(Extracted data entries)
━━━

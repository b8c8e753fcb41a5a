-- ===== src/SkillUri/Tests.antt =====
-- A skill URI, and the theorem at that input.
use skillcdn.Common.{◌≡◌, refl, some, arith}
use skillcdn.Text.{Text, codes}
use skillcdn.RepoPath.{RepoPath}
use skillcdn.RepoPath.Parse.{parse_repo_path_iff}
use skillcdn.Address.{gh}
use skillcdn.Address.Canonical.{IsCanonical}
use skillcdn.SkillUri.{SkillUriAddress, at_path, format_skill_uri, parse_skill_uri}
use skillcdn.SkillUri.RoundTrip.{parse_skill-format}
use skillcdn.Address.Tests.{run, page_path}

abbrev pack : SkillUriAddress
pack = record { host = gh; owner = codes "acme"; repo = codes "tools" }

abbrev file : RepoPath
file = codes "docs/a b.md"

abbrev uri : Text
uri = codes "skill://gh/acme/tools/docs/a%20b.md"

written : format_skill_uri pack file ≡ some uri
unfolding run format_skill_uri
written = refl

file-IsCanonical : IsCanonical (at_path pack file)
unfolding run
file-IsCanonical = record {
  owner_valid = refl;
  owner_case = refl;
  repo_valid = refl;
  repo_case = refl;
  ref_valid = tt;
  path_valid = ((parse_repo_path_iff file file).0 page_path).1;
  path_units = omega arith;
}

parse_skill-format_example : parse_skill_uri uri ≡ some (record { address = pack; path = file })
parse_skill-format_example =
    parse_skill-format pack file uri file-IsCanonical (λ e. cc) written (omega arith)
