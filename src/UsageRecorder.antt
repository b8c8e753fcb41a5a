-- ===== src/UsageRecorder.antt =====
-- apps/server/src/stats/usage-recorder.ts: the counts that a process keeps between two writes. A map
-- whose keys are the JSON texts of what its values hold is the list of its values, which are
-- compared by what the keys are made of. The chain of writes is the list of the reports asked for.
pub mod Counters
pub mod Clients
pub mod Events
pub mod Sums
pub mod Totals
pub mod Repos
pub mod Bounds
mod Tests
use skillcdn.Common.{
  ℕ, zero, suc, ◌+◌, Bool, true, false, ◌&&◌, ◌||◌, not, List, [], ◌∷◌, ◌++◌, Option, none, some,
  ltb, leb, ◌==◌, if◌then◌else◌, length, is_empty, take,
}
use skillcdn.Text.{Text, codes, same, has}
use skillcdn.TextSafety.{code_points}
use skillcdn.License.Words.{is_space, squeeze, trim, trim_end}
use skillcdn.Percent.Points.{from_points}

-- What the recorder asks of the platform: the text of an instant, hashes, the hexadecimal text of
-- a digest, the code points of the category C, and `toLowerCase`.
pub record Platform : Type 0 where
  pub to_iso_string : ℕ → Text
  pub hmac_sha256 : Text → Text → Text
  pub hex : Text → Text
  pub is_other : ℕ → Bool
  pub lower : Text → Text

abbrev pub UsageDay : Type 0
UsageDay = Text

abbrev pub usage_day_of : Platform → ℕ → UsageDay
usage_day_of p instant = take 10 (p.to_iso_string instant)

pub data CountedMetric : Type 0 where
  connection tool_call skill_load file_read : CountedMetric

abbrev pub metric_code : CountedMetric → ℕ
metric_code connection = 0
metric_code tool_call = 1
metric_code skill_load = 2
metric_code file_read = 3

pub data Visibility : Type 0 where
  public private : Visibility

abbrev pub is_public : Visibility → Bool
is_public public = true
is_public private = false

-- What the recorder reads of a mount: `repo.accountId`, `repo.id` and `repo.repository.visibility`.
pub record RecordedMount : Type 0 where
  pub account_id : Text
  pub repo_id : Text
  pub visibility : Visibility

pub record RepoScope : Type 0 where
  pub account_id : Text
  pub repo_id : Text

pub record UsageIncrement : Type 0 where
  pub scope : RepoScope
  pub day : UsageDay
  pub metric : CountedMetric
  pub subject : Text
  pub count : ℕ

pub record ServiceUsageIncrement : Type 0 where
  pub day : UsageDay
  pub metric : CountedMetric
  pub subject : Text
  pub count : ℕ

pub record UsageClient : Type 0 where
  pub scope : RepoScope
  pub day : UsageDay
  pub client : Text

pub record ServiceUsageClient : Type 0 where
  pub day : UsageDay
  pub client : Text
  pub app : Text

abbrev pub default_max_buffered : ℕ
default_max_buffered = 10000

abbrev pub max_subject_length : ℕ
max_subject_length = 1024

abbrev pub max_remembered_clients : ℕ
max_remembered_clients = 200000

abbrev pub client_hash_length : ℕ
client_hash_length = 32

abbrev pub max_app_length : ℕ
max_app_length = 64

abbrev pub max_apps_per_day : ℕ
max_apps_per_day = 200

abbrev pub other_app : Text
other_app = codes "other"

unfoldable pub client_hash : Platform → Text → UsageDay → Text → Text
client_hash p secret day address =
    take client_hash_length (p.hex (p.hmac_sha256 (p.hmac_sha256 secret day) address))

-- `none` is a name that is no text.
unfoldable pub normalize_client_app : Platform → Option Text → Text
unfolding code_points squeeze is_space trim trim_end from_points
normalize_client_app p none = []
normalize_client_app p (some name) =
    let blank = λ (c : ℕ). p.is_other c || is_space c in
    let cleaned = p.lower (trim (from_points (squeeze b' ' blank false (code_points name)))) in
    if ltb max_app_length (length cleaned) then trim_end (take max_app_length cleaned) else cleaned

pub record UsageRecorderOptions : Type 0 where
  pub secret : Text
  pub max_buffered : Option ℕ

abbrev pub max_buffered_of : UsageRecorderOptions → ℕ
max_buffered_of o = elim o.max_buffered [ none ↦ default_max_buffered | some n ↦ n ]

-- What one write takes along; `fold` is the day before which the clients are folded.
pub record Report : Type 0 where
  pub clients : List UsageClient
  pub service_clients : List ServiceUsageClient
  pub increments : List UsageIncrement
  pub service_increments : List ServiceUsageIncrement
  pub fold : Option UsageDay

-- The keys of the sets and maps of what was written today.
pub record RepoClientKey : Type 0 where
  pub repo_id : Text
  pub day : UsageDay
  pub client : Text

pub record KnownClient : Type 0 where
  pub day : UsageDay
  pub client : Text
  pub with_app : Bool

pub record UsageRecorder : Type 0 where
  pub buffer : List UsageIncrement
  pub service_buffer : List ServiceUsageIncrement
  pub writing : List Report
  pub timer : Bool
  pub clients : List UsageClient
  pub service_clients : List ServiceUsageClient
  pub remembered : List RepoClientKey
  pub service_remembered : List KnownClient
  pub remembered_day : Option UsageDay
  pub apps : List Text
  pub folded_before : Option UsageDay

abbrev pub new_recorder : UsageRecorder
new_recorder = record {
  buffer = [];
  service_buffer = [];
  writing = [];
  timer = false;
  clients = [];
  service_clients = [];
  remembered = [];
  service_remembered = [];
  remembered_day = none;
  apps = [];
  folded_before = none;
}

-- A day that may be missing is another day.
abbrev pub other_day : Option UsageDay → UsageDay → Bool
other_day none day = true
other_day (some known) day = not (same known day)

-- `flush` at an instant.
unfoldable pub flush : Platform → ℕ → UsageRecorder → UsageRecorder
unfolding same
flush p now s =
    let today = usage_day_of p now in
    let fold = other_day s.folded_before today in
    let report : Report = record {
      clients = s.clients;
      service_clients = s.service_clients;
      increments = s.buffer;
      service_increments = s.service_buffer;
      fold = if fold then some today else none;
    } in
    let nothing =
      is_empty s.buffer
      && is_empty s.service_buffer
      && is_empty s.clients
      && is_empty s.service_clients
      && not fold in
    record s {
      buffer = [];
      service_buffer = [];
      clients = [];
      service_clients = [];
      folded_before = some today;
      writing = if nothing then s.writing else s.writing ++ (report ∷ []);
    }

-- The statements of one write, in their order.
pub data Statement : Type 0 where
  add_usage_clients : List UsageClient → Statement
  add_service_usage_clients : List ServiceUsageClient → Statement
  add_usage : List UsageIncrement → Statement
  add_service_usage : List ServiceUsageIncrement → Statement
  fold_usage_clients : UsageDay → Statement
  fold_service_usage_clients : UsageDay → Statement

abbrev pub statement_of {ℓ} : {A : Type ℓ} → (List A → Statement) → List A → List Statement
statement_of f items = if is_empty items then [] else f items ∷ []

unfoldable pub statements_of : Report → List Statement
statements_of r =
    statement_of add_usage_clients r.clients
    ++ (statement_of add_service_usage_clients r.service_clients
        ++ (statement_of add_usage r.increments
            ++ (statement_of add_service_usage r.service_increments ++ elim r.fold [
              | none ↦ []
              | some day ↦ fold_usage_clients day ∷ fold_service_usage_clients day ∷ []
            ])))
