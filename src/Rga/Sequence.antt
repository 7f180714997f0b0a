-- ===== src/Rga/Sequence.antt =====
-- Ids in a sequence, and where a node with a new, greatest id goes.
use cs4730_collaborative_tex.Base.{
  Any, inl, inr, ℕ, zero, suc, ◌≤◌, ◌<◌, ◌≡◌, ◌≢◌, refl, subst, inl, inr, false, List, [], ◌∷◌,
  Option, none, some, arith, length, All, Bool-cases, Option-cases, if◌then◌else◌, ◌>>=◌,
}
use cs4730_collaborative_tex.Base.Eq.{◌==◌}
use cs4730_collaborative_tex.Rga.{
  CharId, id_beq_iff, id_eq, Node, find, root_loop, root_ancestor, goes_behind, place,
  insert_behind, insert_node,
}

-- No node has the id.
abbrev pub Absent : CharId → List Node → Type 0
Absent id = All (λ n. n.id ≢ id)

-- No id stands twice.
abbrev pub Unique : List Node → Type 0
Unique [] = Unit
Unique (n ∷ ns) = Absent n.id ns × Unique ns

-- Every clock is at most `bound`.
abbrev pub ClocksBelow : ℕ → List Node → Type 0
ClocksBelow bound = All (λ n. n.id.clock ≤ bound)

pub Any-Absent : (id : CharId) (ns : List Node) → Absent id ns → Any (λ m. m.id ≡ id) ns → ⊥
Any-Absent id [] a h = h
Any-Absent id (n ∷ ns) a (inl e) = a.0 e
Any-Absent id (n ∷ ns) a (inr h) = Any-Absent id ns a.1 h

pub find-Absent : (id : CharId) (ns : List Node) → Absent id ns → find id ns ≡ none
unfolding find
find-Absent id [] h = refl
find-Absent id (n ∷ ns) h = ground (arith, id_beq_iff n.id id, find-Absent id ns h.1)

pub Absent-find : (id : CharId) (ns : List Node) → find id ns ≡ none → Absent id ns
unfolding find
Absent-find id [] h = tt
Absent-find id (n ∷ ns) h = (
  λ e. ground (arith, id_beq_iff n.id id),
  Absent-find id ns (ground (arith, id_beq_iff n.id id)),
)

find-clock :
    (bound : ℕ) (id : CharId) (ns : List Node) (n : Node)
    → ClocksBelow bound ns
    → find id ns ≡ some n
    → id.clock ≤ bound
unfolding find
find-clock bound id [] n h e = cc
find-clock bound id (m ∷ ns) n h e = elim (Bool-cases (m.id == id)) [
  | inl same ↦
      let eq : m.id ≡ id = (id_beq_iff m.id id).0 same in subst (λ i. i.clock ≤ bound) eq h.0
  | inr other ↦ find-clock bound id ns n h.1 (ground arith)
]

-- A root is the sentinel, or the id of a node.
root_ancestor-clock :
    (bound f : ℕ) (seq : List Node) (id target : CharId)
    → ClocksBelow bound seq
    → (root_ancestor f seq id target).clock ≤ bound
unfolding root_ancestor root_loop
root_ancestor-clock bound zero seq id target h = omega arith
root_ancestor-clock bound (suc f) seq id target h = elim (Option-cases (find id seq)) [
  | inl lost ↦ ground (arith, lost)
  | inr (n, found) ↦
      let here = find-clock bound id seq n h found in
      let up = root_ancestor-clock bound f seq n.left target h in ground (arith, here, up, found)
]

-- No node stands before a new node whose clock is above all others.
goes_behind_newest :
    (bound : ℕ) (seq : List Node) (new left id : CharId)
    → ClocksBelow bound seq
    → bound < new.clock
    → goes_behind seq new left id ≡ false
unfolding goes_behind
goes_behind_newest bound seq new left id h newer =
    let root = root_ancestor-clock bound (length seq) seq id left h in ground (arith, root)

place_newest :
    (bound : ℕ) (seq : List Node) (node : Node) (ms : List Node)
    → ClocksBelow bound seq
    → bound < node.id.clock
    → place seq node ms ≡ node ∷ ms
unfolding place
place_newest bound seq node [] h newer = refl
place_newest bound seq node (m ∷ ms) h newer =
    rw (goes_behind_newest bound seq node.id node.left m.id h newer)

-- A node goes directly behind its left neighbour.
unfoldable pub put_behind : Node → List Node → Option (List Node)
put_behind node [] = none
put_behind node (m ∷ ms) =
    let later = put_behind node ms in
    if m.id == node.left then some (m ∷ node ∷ ms) else do rest ← later; some (m ∷ rest)

insert_behind_newest :
    (bound : ℕ) (seq : List Node) (node : Node) (ms : List Node)
    → ClocksBelow bound seq
    → bound < node.id.clock
    → insert_behind seq node ms ≡ put_behind node ms
unfolding insert_behind put_behind
insert_behind_newest bound seq node [] h newer = refl
insert_behind_newest bound seq node (m ∷ ms) h newer =
    rw (place_newest bound seq node ms h newer, insert_behind_newest bound seq node ms h newer)

-- `insertNode` puts a node whose clock is above all others directly behind its left neighbour.
pub insert_node_newest :
    (bound : ℕ) (new left : CharId) (value : ℕ) (seq : List Node)
    → ClocksBelow bound seq
    → bound < new.clock
    → insert_node new value left seq
      ≡ put_behind (record { id = new; value = value; tombstoned = false; left = left }) seq
unfolding insert_node
insert_node_newest bound new left value seq h newer =
    insert_behind_newest bound seq
      (record { id = new; value = value; tombstoned = false; left = left }) seq h newer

━━━

## Activity
Find the word "unfolding" in the data and show each line that holds it.

## Worked solution
unfolding run format_skill_uri
unfolding run
unfolding code_points squeeze is_space trim trim_end from_points
unfolding same
unfolding find
unfolding find
unfolding find
unfolding root_ancestor root_loop
unfolding goes_behind
unfolding place
unfolding insert_behind put_behind
unfolding insert_node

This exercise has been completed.